The size of the implant is a very personal choice as each woman has her own preferences and ideal body image. Our doctors listen to your input on sizing to help pick an implant size that satisfies each patient’s expectations as well as fits with the patient’s anatomy to maximize surgical success. When assessing implant size, patients should be aware that very large implants will result in sagging of the breast tissue faster than smaller implants.

There are generally two choices in implant fill material: silicone or saline implants. Below you will find the advantages and disadvantages of both silicone and saline implants. In addition, breast implants can have either a textured or smooth surface and each type has its role in cosmetic surgery of the breast. The type most appropriate for each case is explained to all patients by Dr. Spikes

There are two types of implant shapes: round and anatomic implants. In addition, implants come in three ranges of projection or profiles. All of these factors are taken into account to ensure patient satisfaction when it comes to the final surgical shape as well as the amount of projection and cleavage created from breast enhancement.

There are three options for implant placement when undergoing breast augmentation. The implant can be placed in the following places:

  • Subglandular – Above the muscle, but under gland.
  • Submuscular – Under the muscle. The amount of muscle coverage is individualized to each patient and depends on the location of the nipple preoperatively. By utilizing this dual plane technique, the nipple-areola complex can be raised without making further unnecessary incisions.
  • Subfascial – Under the gland and fascia of the muscle.

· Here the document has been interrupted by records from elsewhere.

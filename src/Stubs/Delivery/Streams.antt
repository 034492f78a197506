-- ===== src/Stubs/Delivery/Streams.antt =====
-- A server-stream call from a generated client to a generated service: what opens, and what the
-- client's `Recv` loop gets of it.
use easy_rpc_go.Base.{
  suc, ◌≤◌, ◌≡◌, refl, ap, ◌∙◌, false, true, List, [], ◌∷◌, ◌++◌, drop-append, length, map, All,
  some, ok,
}
use easy_rpc_go.Text.{Bytes}
use easy_rpc_go.HandlerContext.{HandlerContext}
use easy_rpc_go.Frame.{Gzip, default_max_message_bytes, frame}
use easy_rpc_go.Json.{JsonText}
use easy_rpc_go.Content.{ContentKind, proto, CallOption}
use easy_rpc_go.Wire.Messages.{IsPlainMessage}
use easy_rpc_go.Server.Writer.{reliable}
use easy_rpc_go.Server.Calls.{Context, Program, MethodSpec, ServiceRegistry, find_method}
use easy_rpc_go.Server.Stream.{end_frame, run_handler}
use easy_rpc_go.Server.Stream.Transcript.{transcript}
use easy_rpc_go.Server.Stream.Delivery.{body_of, Fits, delivered, farewell, collect-run_handler}
use easy_rpc_go.Server.Dispatch.{path_of, handler_context}
use easy_rpc_go.Server.Adapter.{to_request}
use easy_rpc_go.Client.Interceptors.{prepend}
use easy_rpc_go.Client.Stream.{HttpStream, new_stream, collect}
use easy_rpc_go.Stubs.{
  MessageCodec, encode_msg, decode_msg, StreamMethod, stream_handler, stream_request, apply_options,
  call_stream,
}
use easy_rpc_go.Stubs.Delivery.{connection}
use easy_rpc_go.Stubs.Delivery.Opening.{
  stream_call_headers, stream_call_headers_lem, stream_call_headers_read, accepted, smaller,
  all_fit, single, opened_run, dispatch_stream,
}

-- A path of the client leads to a stream method of the service.
pub record StreamRoute {I O : Type 0} (base : Bytes) (methods : List MethodSpec)
    (reg : ServiceRegistry) (path : Bytes) (request : MessageCodec I) (response : MessageCodec O)
    (method : StreamMethod I O) : Type 0 where
  pub spec : MethodSpec
  pub prefixed : prepend base path ≡ base ++ path
  pub found : find_method (path_of path) methods ≡ some spec
  pub stream : spec.server_stream ≡ true
  pub registered : reg.stream spec.name ≡ some (stream_handler request response method)

-- The context that Dispatch makes for such a call.
abbrev pub stream_call_context : MethodSpec → ContentKind → Context
stream_call_context spec kind =
    handler_context (record { spec = spec; kind = kind; is_gzip = false })
      (stream_call_headers kind)

-- What a stream that is not compressed delivers.
all_delivered : (gzip : Gzip) (ps : List Bytes) → map (delivered gzip false) ps ≡ ps
unfolding delivered
all_delivered gzip [] = refl
all_delivered gzip (p ∷ ps) = ap (λ qs. p ∷ qs) (all_delivered gzip ps)

module _ (recase : Bytes → Bytes) (gzip : Gzip) (text : JsonText) (version base : Bytes)
    (methods : List MethodSpec) (reg : ServiceRegistry) where
  module _ {I O : Type 0} (path : Bytes) (request : MessageCodec I) (response : MessageCodec O)
      (method : StreamMethod I O) (r : StreamRoute base methods reg path request response method)
      (kind : ContentKind) (message : I)
      (small : length (frame (encode_msg request message kind) false) ≤ default_max_message_bytes)
      (survives : decode_msg request (encode_msg request message kind) kind ≡ ok message) where
    -- The service's program for the message, and the stream that the client opens on it.
    abbrev program_of : Program
    program_of =
        method (stream_call_context r.spec kind) message (λ out. encode_msg response out kind)

    abbrev hc_of : HandlerContext
    hc_of = (stream_call_context r.spec kind).handler

    abbrev stream_of : HttpStream
    stream_of = new_stream (body_of (run_handler reliable gzip text kind false program_of hc_of []))

    handled :
        stream_handler request response method
          (stream_call_context r.spec kind)
          (encode_msg request message kind)
        ≡ program_of
    unfolding stream_handler handler_context
    handled = rw survives refl

    opens :
        {C : Type 0} (ctx : C)
        → (connection recase gzip text version base methods reg).open_stream ctx
            (stream_request request path message kind)
          ≡ ok stream_of
    unfolding connection stream_request to_request handler_context
    opens ctx =
        let p = encode_msg request message kind in
        let (one, single_one) = single gzip text p (smaller p small) in
        rw
          (
            r.prefixed,
            drop-append base path,
            stream_call_headers_lem kind,
            dispatch_stream gzip text reliable
                (record { url = path; headers = stream_call_headers kind; body = frame p false })
                methods reg [] (record { spec = r.spec; kind = kind; is_gzip = false })
                (stream_handler request response method) p
                (accepted kind path (frame p false) methods r.spec r.found r.stream small) r.stream
                r.registered one single_one,
            (stream_call_headers_read kind).5,
            handled,
          )
          (opened_run gzip text recase version kind false program_of hc_of)

    -- A stream method of the generated client, over NetHTTP and Dispatch, opens a stream on which a
    -- Recv loop gets the payloads that the service's method emits for the message that was sent, in
    -- their order, and, within one call more, io.EOF with the trailers or the method's error. The
    -- path leads to the method, the request's codec gives back what it encodes, request, payloads
    -- and last message keep the limit, and the last message is plain: ASCII texts, byte values,
    -- distinct metadata names. An error whose code is 0 or has no name arrives as code 2, but one
    -- of code 0 without details as io.EOF; a detail without a type or a value does not arrive.
    pub call_stream-served :
        {C : Type 0} (ctx : C) (opts : List CallOption)
        → apply_options opts proto ≡ kind
        → All (λ p. length p ≤ default_max_message_bytes) (transcript program_of hc_of).payloads
        → IsPlainMessage (transcript program_of hc_of).final
        → Fits (end_frame text (transcript program_of hc_of).final)
        → (s : HttpStream) × (call_stream request path
              (connection recase gzip text version base methods reg)
              ctx
              message
              opts
            ≡ ok s)
          × (collect gzip text (suc (length (transcript program_of hc_of).payloads)) s ≡ record {
            messages = (transcript program_of hc_of).payloads;
            error = some (farewell (transcript program_of hc_of).final).0;
            stream = record {
              body = [];
              ended = true;
              trailers = (farewell (transcript program_of hc_of).final).1;
            };
          })
    unfolding call_stream
    call_stream-served ctx opts chosen fits plain end_fits = (
      stream_of,
      ap
            (λ k.
              (connection recase gzip text version base methods reg).open_stream ctx
                (stream_request request path message k))
            chosen
          ∙ opens ctx,
      collect-run_handler gzip text kind false program_of hc_of (all_fit gzip _ fits) plain end_fits
          ∙ rw (all_delivered gzip (transcript program_of hc_of).payloads) refl,
    )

Breast augmentation is commonly performed on an outpatient basis at a hospital or surgical center while the patient is under general anesthesia. During the procedure, local anesthetics are used around the breast to block the nerves that produce pain before the surgery. Our experienced cosmetic surgeons frequently perform transaxillary endoscopic augmentation mammoplasty. The minimally invasive breast augmentation technique is performed by placing the incision in the armpit to ensure NO scars on the breast itself. The incision under the armpit heals quite well and after 1 year will likely be imperceptible. A precise pocket is created under the muscle with the assistance of a small video camera after which a silicone or saline implant is placed. Immediately after the implant is placed, the incision is closed in a layered manner to prevent implant exposure or scar widening.

Every patient’s body heals differently, so the exact length of breast augmentation recovery periods vary. Post-operative recovery begins with plenty of fluids and resuming walking as soon as possible. Bandages are placed over the incision for about a week, though patients are able to shower the same day of surgery.

Patients are asked to take a short course of antibiotics after the operation to prevent an infection. A supportive bra is worn to help support the breast as the incisions heal and the implants settle into position.

As the incision begins to heal (after 3 weeks), there are a number of things you can use to help minimize the size and appearance of the scar. Massaging the scar with firm finger pressure will help minimize the appearance of the scar and decrease the swelling. In addition, paper tape and silicone gel sheeting have both been shown to help minimize the scars with time. Some commercially available products such as Mederma or vitamin E may also have some benefit.

Generally, patients can expect to resume their normal activities after about a week of downtime. You should refrain from any vigorous exercise for the first month to prevent postoperative bleeding. Since swelling takes time to fully dissipate, the final results of your breast augmentation surgery may not be apparent for several months.

BREAST REDUCTION

Women who are born with large pendulous breasts, or who have developed them over time due to pregnancy or other factors, can have substantial health concerns. Large breasts can result in neck, back, or shoulder pain, as well as skin irritation. In addition, grooves from bra straps can develop. For these women, breast reduction surgery can help eliminate the associated pain, improve breast shape and size, and make the breasts more proportionate in relation to the body.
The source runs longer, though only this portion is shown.